Fred Pereira

Personal information
- Full name: Fred Pereira
- Date of birth: February 17, 1954 (age 71)
- Place of birth: Valdanta, Portugal
- Position: Forward

College career
- Years: Team / Apps / (Gls)
- 1973–1976: Brown Bears

Senior career*
- Years: Team / Apps / (Gls)
- 1977: Fort Lauderdale Strikers / 9 / (3)
- 1977: Connecticut Bicentennials / 13 / (3)
- 1978: Colorado Caribous / 12 / (2)
- 1979: Atlanta Chiefs / 8 / (2)
- 1979–1980: Atlanta Chiefs (indoor) / 12 / (12)
- 1980–1981: Baltimore Blast (indoor) / 11 / (1)
- 1981: Phoenix Inferno (indoor) / 9 / (1)
- 1982–: Gremio Lusitano

International career
- 1977: United States / 6 / (1)

= Fred Pereira =

Fred "Fredy" Pereira (born February 17, 1954) is a former Portuguese-American soccer forward who spent three seasons in the North American Soccer League and earned six caps with the U.S. national team in 1977.

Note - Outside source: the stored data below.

-- ===== src/Raft/Order/Step.antt =====
-- src/raft/node.rs, tick and step: committed entries stay, and the indices stay in order.
use ferrium.Common.{
  ℕ, ◌+◌, ◌-◌, ◌≤◌, ◌<◌, ◌≡◌, refl, arith, leb, ltb, length, take, drop, u64, u64_mod, Bool-cases,
  if_intro, inl, inr, true, none, some, ltb→lt, lt→ltb,
}
use ferrium.Raft.Log
use ferrium.Raft.Log.Index.{last_index_lem}
use ferrium.Raft.Log.Merge.{Covers, Fits-splice}
use ferrium.Raft.Log.Protect.{snapshot_index-splice, matches-le, le-splice, get-splice_Covers}
use ferrium.Raft.Message
use ferrium.Raft.Message.{
  NodeId, AppendEntries, AppendEntriesReply, RequestVoteReply, Message, request_vote,
  request_vote_reply, append_entries, append_entries_reply, install_snapshot,
  install_snapshot_reply,
}
use ferrium.Raft.State
use ferrium.Raft.State.{Role, follower, candidate, leader}
use ferrium.Raft.Node.{Rand, RaftNode, majority}
use ferrium.Raft.Node.Replicate.{broadcast_append}
use ferrium.Raft.Node.Roles.{become_follower, become_leader, become_candidate, stand}
use ferrium.Raft.Node.Handlers.{
  reject_append, accept_append, handle_request_vote, handle_append_entries, handle_install_snapshot,
  handle_install_snapshot_reply,
}
use ferrium.Raft.Node.Drive.{tick, dispatch, step}
use ferrium.Raft.Frames.{request_loop_lem}
use ferrium.Raft.Inputs.{Role-cases, beat, waited, tick_leader, tick_other}
use ferrium.Raft.Ready.{InOrder}
use ferrium.Raft.Order.{
  Forward, broadcast_append-Forward, Forward-same, Forward-after, become_leader-Forward,
  handle_request_vote_reply-Forward, handle_append_entries_reply-Forward,
}

-- What a leader's message must agree with: the receiver's entries up to its commit index, in their
-- terms. Raft's leaders do, by the leader completeness property.
pub record SafeAppend {G : Type 0} (m : AppendEntries) (n : RaftNode G) : Type 0 where
  pub above : n.log.snapshot_index ≤ m.prev_log_index
  pub room : n.log.snapshot_index + length n.log.entries + length m.entries + 1 < u64_mod
  pub agrees :
      Covers
        (drop (m.prev_log_index - n.log.snapshot_index) n.log.entries)
        (take (n.commit_index - m.prev_log_index) m.entries)

module _ (R : Rand) where
  open R use {StdRng}

  accept_append-Forward :
      (m : AppendEntries) (n : RaftNode StdRng)
      → InOrder n
      → SafeAppend m n
      → Log.matches n.log m.prev_log_index m.prev_log_term ≡ true
      → Forward n (accept_append R m n)
  unfolding accept_append Log.splice
  accept_append-Forward m n v s h =
      let hi = matches-le n.log m.prev_log_index m.prev_log_term s.above v.fits h in
      let fits = Fits-splice n.log m.prev_log_index m.entries s.above hi s.room in
      let keep =
        le-splice n.log n.commit_index m.prev_log_index m.entries s.above hi s.room v.stored
          s.agrees in
      let same = snapshot_index-splice n.log m.prev_log_index m.entries s.above hi s.room in
      let last = last_index_lem (Log.splice m.prev_log_index m.entries n.log).0 fits in
      record {
        order = ground (arith, keep, same, fits, last);
        commit = ground (arith, keep, same, last);
        kept =
            get-splice_Covers n.log n.commit_index m.prev_log_index m.entries s.above hi s.room
              v.stored s.agrees;
      }

  become_candidate-Forward : (n : RaftNode StdRng) → InOrder n → Forward n (become_candidate R n)
  unfolding become_candidate
  become_candidate-Forward n v =
      let s : RaftNode StdRng = stand R n in
      if_intro (Forward n) (leb (majority s) (State.count s.votes)) (become_leader s) _
        (λ _. Forward-after s v refl refl refl (become_leader-Forward s))
        (λ _. rw (request_loop_lem s.peers _ s) (Forward-same v refl refl refl))

  beat-Forward : (n : RaftNode StdRng) → InOrder n → Forward n (beat R n)
  beat-Forward n v =
      let b : RaftNode StdRng = record n { heartbeat_elapsed = 0 } in
      if_intro (Forward n) (leb n.config.heartbeat_ticks (u64 (n.heartbeat_elapsed + 1)))
        (broadcast_append b) (record n { heartbeat_elapsed = u64 (n.heartbeat_elapsed + 1) })
        (λ _. Forward-after b v refl refl refl (broadcast_append-Forward b))
        (λ _. Forward-same v refl refl refl)

  -- A tick of a node in order keeps the order, does not lower the commit index and changes no
  -- committed entry.
  tick-Forward : (n : RaftNode StdRng) → InOrder n → Forward n (tick R n)
  tick-Forward n v = elim (Role-cases n.role) [
    | inl led ↦ rw (tick_leader R n led) (beat-Forward n v)
    | inr other ↦ rw (tick_other R n other) (
        if_intro (Forward n) (leb n.election_timeout (u64 (n.election_elapsed + 1)))
          (become_candidate R (waited R n)) (waited R n)
          (λ _. Forward-after (waited R n) v refl refl refl (become_candidate-Forward (waited R n)))
          (λ _. Forward-same v refl refl refl))
  ]

  -- What a message must satisfy to be harmless to committed entries: an AppendEntries agrees with
  -- them, and an InstallSnapshot, which replaces the log, is stale.
  abbrev pub Safe : Message → RaftNode StdRng → Type 0
  Safe (append_entries m) n = SafeAppend m n
  Safe (install_snapshot m) n = m.term < n.current_term
  Safe _ n = Unit

  handle_append_entries-Forward :
      (m : AppendEntries) (n : RaftNode StdRng)
      → InOrder n
      → SafeAppend m n
      → Forward n (handle_append_entries R m n)
  unfolding handle_append_entries reject_append
  handle_append_entries-Forward m n v s =
      let f : RaftNode StdRng = become_follower R m.term (some m.leader_id) n in
      if_intro (Forward n) (ltb m.term n.current_term) (reject_append m.leader_id 0 n) _
        (λ _. Forward-same v refl refl refl)
        (λ _. elim (Bool-cases (Log.matches f.log m.prev_log_index m.prev_log_term)) [
          | inl ok ↦ rw ok (
              Forward-after f v refl refl refl (λ w.
                accept_append-Forward m f w
                  (record { above = s.above; room = s.room; agrees = s.agrees }) ok))
          | inr conflict ↦ rw conflict (Forward-same v refl refl refl)
        ])

  dispatch-Forward :
      (from : NodeId) (msg : Message) (n : RaftNode StdRng)
      → InOrder n
      → Safe msg n
      → Forward n (dispatch R from msg n)
  unfolding dispatch handle_request_vote handle_install_snapshot handle_install_snapshot_reply
  dispatch-Forward from (request_vote m) n v s =
      Forward-same v (ground arith) (ground arith) (ground arith)
  dispatch-Forward from (request_vote_reply m) n v s = handle_request_vote_reply-Forward m n v
  dispatch-Forward from (append_entries m) n v s = handle_append_entries-Forward m n v s
  dispatch-Forward from (append_entries_reply m) n v s =
      handle_append_entries_reply-Forward from m n v
  dispatch-Forward from (install_snapshot m) n v s =
      rw (lt→ltb m.term n.current_term s) (Forward-same v refl refl refl)
  dispatch-Forward from (install_snapshot_reply m) n v s =
      Forward-same v (ground arith) (ground arith) (ground arith)

  Safe-become_follower :
      (msg : Message) (t : ℕ) (n : RaftNode StdRng)
      → n.current_term < t
      → Safe msg n
      → Safe msg (become_follower R t none n)
  unfolding become_follower
  Safe-become_follower (append_entries m) t n h s = record {
    above = s.above;
    room = s.room;
    agrees = s.agrees;
  }
  Safe-become_follower (install_snapshot m) t n h s = omega arith
  Safe-become_follower _ t n h s = tt

  -- Handling any message keeps the order compacted <= applied <= committed <= stored, never lowers
  -- the commit index, and changes no entry at or below the old commit index. The conditions: the
  -- node is in order, an AppendEntries starts at or above the snapshot point, leaves room for
  -- indices below 2^64 and agrees in terms with the receiver's entries up to its commit index, and
  -- an InstallSnapshot is of an older term.
  pub step-Forward :
      (from : NodeId) (msg : Message) (n : RaftNode StdRng)
      → InOrder n
      → Safe msg n
      → Forward n (step R from msg n)
  unfolding step become_follower
  step-Forward from msg n v s = elim (Bool-cases (ltb n.current_term (Message.term msg))) [
    | inl newer ↦
        let f : RaftNode StdRng = become_follower R (Message.term msg) none n in
        rw newer (
          Forward-after f v refl refl refl (λ w.
            dispatch-Forward from msg f w
              (Safe-become_follower msg (Message.term msg) n (ltb→lt _ _ newer) s)))
    | inr older ↦ rw older (dispatch-Forward from msg n v s)
  ]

==High school and college==
Born in Valdanta, Portugal, Pereira moved with his family to the United States when he was twelve. He attended Ludlow High School in Ludlow, Massachusetts and completed a post-graduate year at Suffield Academy, Suffield, Connecticut. In 2007 Ludlow High School inducted Pereira into its Athletic Hall of Fame. At Suffield, along with Gambian teammate Daniel Njie, Pereira led the team to the New England Prep Championship. After high school, he attended Brown University where he played as a forward on the men's soccer team from 1973 to 1976. In 1974, Pereira set a Brown record with twenty-four goals and seven assists as Brown won the Ivy League title. The next season, Brown went to the NCAA Final Four where it fell to the University of San Francisco. In 1974 and 1976, Pereira was named a first team All American.

==National team==
His scoring exploits with Brown led to his selection for several U.S. national and Olympic team games in 1977. On September 15, 1977, Pereira earned his first caps when he came on for Steve Ralbovsky in a 2–1 win over El Salvador. He continued to play somewhat regularly, usually as a substitute, for the next two months. On October 10, 1977, he scored his only goal with the national team, the gamewinner in a 1–0 victory over China. His last cap came six days later when he came on for Ralbovsky in a 2–1 victory over China.

==Professional==
In 1977, the Fort Lauderdale Strikers of the North American Soccer League (NASL) selected Pereira in the first round (second overall) of the NASL College Draft. While he began the season with the Strikers, scoring three goals in nine games, the team traded him mid-season to the Connecticut Bicentennials. At the end of the 1977 season, the Bicentennials moved to Oakland, California, but Pereira moved to the Colorado Caribous. At the end of the 1978 season, the Caribous also moved, but this time Pereira went with his team, spending the 1979 season with his team, now known as the Atlanta Chiefs. After the 1979–80 NASL indoor season he left the league. In 1980, he signed with the Baltimore Blast of the Major Indoor Soccer League. The Blast traded him to the Phoenix Inferno during the season. Suffering from a string of injuries, Pereira retired at the end of the season and moved his family back to Ludlow where he continued to play amateur soccer with Gremio Lusitano where he played for 11 years.

Pereira now serves as an NCAA college soccer referee.